PHP dynamic object property is there a way to make it work?

Question

So I know I can do something like this in PHP:

<?php

    $x = 'a';
    $a = 5;
    echo $$x;

Which will output 5;

But it doesn't work with objects/properties. Is there a way to make this code work?

<?php

class FooBar
{
 public $foo;
 public $bar;

 public function __construct()
 {
  $this->foo = 'foo';
  $this->bar = 'bar';
 }
}

$FooBar = new FooBar();

$str = 'FooBar->foo';

echo $$str;

Answer 1

This might be close:

class FooBar
{
 public $foo;
 public $bar;

 public function __construct()
 {
  $this->foo = 'foo';
  $this->bar = 'bar';
 }
}

$FooBar = new FooBar();

$str = 'FooBar->foo';
list($class,$attribute) = explode('->',$str);

echo $$class->{$attribute};

Answer 2

class FooBar
{
 public $foo;
 public $bar;

 public function __construct()
 {
  $this->foo = 'foo';
  $this->bar = 'bar';
 }
 public function getFoo()
 {
  return $this->foo;
 }
}
$fb = new FooBar();
$classname = "fb";
$varname = "bar";

echo call_user_func(array($fb, "getFoo")); // output "foo"
echo call_user_func(array($$classname, "getFoo")); // same here: "foo"
echo $$classname->{$varname}; // "bar"

See call_user_func manual.

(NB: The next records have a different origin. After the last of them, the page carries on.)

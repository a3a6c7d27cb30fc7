-- ===== src/Rdma/Batch.antt =====
-- The operations that post a list of work requests. An array of `MAX_POST_LIST` elements is indexed
-- out of range by a larger batch, and its first element is not set by an empty one.
pub mod Requests
use Prim.Native.Nat.{bit_and}
use sponge_bob.Prelude.{
  ℕ, zero, suc, ◌+◌, ◌*◌, Bool, List, [], ◌∷◌, ◌==◌, ◌&&◌, not, ltb, leb, if◌then◌else◌, get_elem?,
  add64,
}
use sponge_bob.Result.{Result, ok, fault, assertion, out_of_range, or_fault, ◌>>=◌}
use sponge_bob.Containers.Table
use sponge_bob.Rdma.Types.{
  RdmaSocket, PeerSockData, Sge, SendWr, Opcode, send_with_imm, rdma_read, rdma_write,
  rdma_write_with_imm, Verbs, max_post_list,
}
use sponge_bob.Rdma.Post.{peer_of, post_on, sge_of}
use sponge_bob.Rdma.Poll.{poll_completion}

-- `(peer->counter & SIGNAL_BATCH) == 0`
abbrev pub is_signal : ℕ → Bool
is_signal counter = bit_and counter 31 == 0

module _ {F : Type 0} (verbs : Verbs F) (fuel : ℕ) where
  -- The loop that fills the arrays: `make w_i` is the part in which the operations differ, and `n`
  -- the number of rounds left.
  unfoldable pub batch_loop :
      ℕ → (ℕ → Sge × Opcode) → ℕ → ℕ → ℕ → RdmaSocket → F → Result (List SendWr × ℕ × F)
  unfolding poll_completion
  batch_loop node_id make zero w_i counter r f = ok ([], counter, f)
  batch_loop node_id make (suc n) w_i counter r f = do
    f1 ←
        if is_signal counter && ltb 0 counter && not r.is_server
        then poll_completion verbs fuel node_id 1 r f >>= (λ p. ok p.1)
        else ok f
    (rest, counter', f2) ← batch_loop node_id make n (w_i + 1) (add64 counter 1) r f1
    let (sge, opcode) = make w_i
    let wr : SendWr = record { sge = sge; opcode = opcode; signaled = is_signal counter }
    if ltb w_i max_post_list then ok (wr ∷ rest, counter', f2) else fault out_of_range

  -- The loop, and the post of the list that it made.
  abbrev batch_post :
      ℕ → PeerSockData → (ℕ → Sge × Opcode) → ℕ → RdmaSocket → F → Result (Bool × RdmaSocket × F)
  batch_post node_id peer make batch_size r f = do
    (wrs, counter, f1) ← batch_loop node_id make batch_size 0 peer.counter r f
    let peer' : PeerSockData = record peer { counter = counter }
    let r' : RdmaSocket = record r { peers = Table.assign node_id peer' r.peers }
    (posted, f2) ← (if batch_size == 0 then fault out_of_range else post_on verbs 0 peer' wrs f1)
    ok (posted, r', f2)

  -- `_RdmaBatchSend`
  unfoldable pub rdma_batch_send : ℕ → ℕ → ℕ → ℕ → RdmaSocket → F → Result (Bool × RdmaSocket × F)
  rdma_batch_send node_id source_buffer buffer_size batch_size r f = do
    peer ← or_fault (Table.find node_id r.peers) assertion
    batch_post node_id peer
        (λ w_i.
          (sge_of r (add64 source_buffer (w_i * 4096)) buffer_size, send_with_imm r.my_node_id))
        batch_size r f

  -- `_RdmaBatchRead`
  unfoldable pub rdma_batch_read :
      ℕ → ℕ → ℕ → ℕ → ℕ → RdmaSocket → F → Result (Bool × RdmaSocket × F)
  rdma_batch_read node_id source_buffer des_buffer buffer_size batch_size r f = do
    peer ← peer_of node_id r
    batch_post node_id peer
        (λ w_i. (
          sge_of r (add64 source_buffer (w_i * 8)) buffer_size,
          rdma_read (add64 des_buffer peer.registered_memory) peer.rkey,
        ))
        batch_size r f

  -- `_RdmaBatchWrite`: the immediate value 0 stands for none.
  unfoldable pub rdma_batch_write :
      ℕ → ℕ → ℕ → ℕ → ℕ → ℕ → RdmaSocket → F → Result (Bool × RdmaSocket × F)
  rdma_batch_write node_id source_buffer des_buffer buffer_size imm batch_size r f = do
    peer ← peer_of node_id r
    let remote_addr : ℕ → ℕ = λ w_i. add64 (add64 des_buffer peer.registered_memory) (w_i * 4096)
    batch_post node_id peer
        (λ w_i. (
          sge_of r (add64 source_buffer (w_i * 4096)) buffer_size,
          (if imm == 0
              then rdma_write (remote_addr w_i) peer.rkey
              else rdma_write_with_imm (remote_addr w_i) peer.rkey imm),
        ))
        batch_size r f

-- The elements of the list that `_RdmaBatchReceive` fills.
abbrev receive_sges : ℕ → ℕ → ℕ → ℕ → RdmaSocket → List Sge
receive_sges source_buffer buffer_size zero w_i r = []
receive_sges source_buffer buffer_size (suc n) w_i r =
    sge_of r (add64 source_buffer (w_i * 4096)) buffer_size
    ∷ receive_sges source_buffer buffer_size n (w_i + 1) r

abbrev sges_checked : ℕ → List Sge → Result (List Sge)
sges_checked n sges = if ltb 0 n && leb n max_post_list then ok sges else fault out_of_range

-- `_RdmaBatchReceive`
unfoldable pub rdma_batch_receive :
    {F : Type 0} → Verbs F → ℕ → ℕ → ℕ → ℕ → RdmaSocket → F → Result (Bool × F)
rdma_batch_receive verbs node_id source_buffer buffer_size batch_size r f = do
  peer ← peer_of node_id r
  qp ← or_fault (get_elem? peer.qp 0) out_of_range
  sges ← sges_checked batch_size (receive_sges source_buffer buffer_size batch_size 0 r)
  ok (verbs.post_recv qp sges f)
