-- ===== src/Rdma/Connect.antt =====
-- Setting up connections: the queue pairs, the exchange of their numbers over a socket, and the node
-- numbers that come with it. libibverbs and the sockets are a parameter, `Net`.
pub mod Types
pub mod Sync
pub mod Pairs
pub mod Exchange
pub mod Accept
pub mod Client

Also you can access properties like this: $fb->{$property_name}.

Also there is magic method __get which you can use to work with properties that do not even exist.

Answer 3

It is not possible to do

$str = 'FooBar->foo'; /* or */ $str = 'FooBar::foo';
echo $$str;

because PHP would have to evaluate the operation to the object or class first. A variable variable takes the value of a variable and treats that as the name of a variable. $FooBar->foo is not a name but an operation. You could do this though:

$str = 'FooBar';
$prop = 'foo';
echo $$str->$prop;

From PHP Manual on Variable Variables:

Class properties may also be accessed using variable property names. The variable property name will be resolved within the scope from which the call is made. For instance, if you have an expression such as $foo->$bar, then the local scope will be examined for $bar and its value will be used as the name of the property of $foo. This is also true if $bar is an array access.

Example from Manual:

class foo {
    var $bar = 'I am bar.';
}

$foo = new foo();
$bar = 'bar';
$baz = array('foo', 'bar', 'baz', 'quux');
echo $foo->$bar . "\n";
echo $foo->$baz[1] . "\n";

Both echo calls will output "I am bar".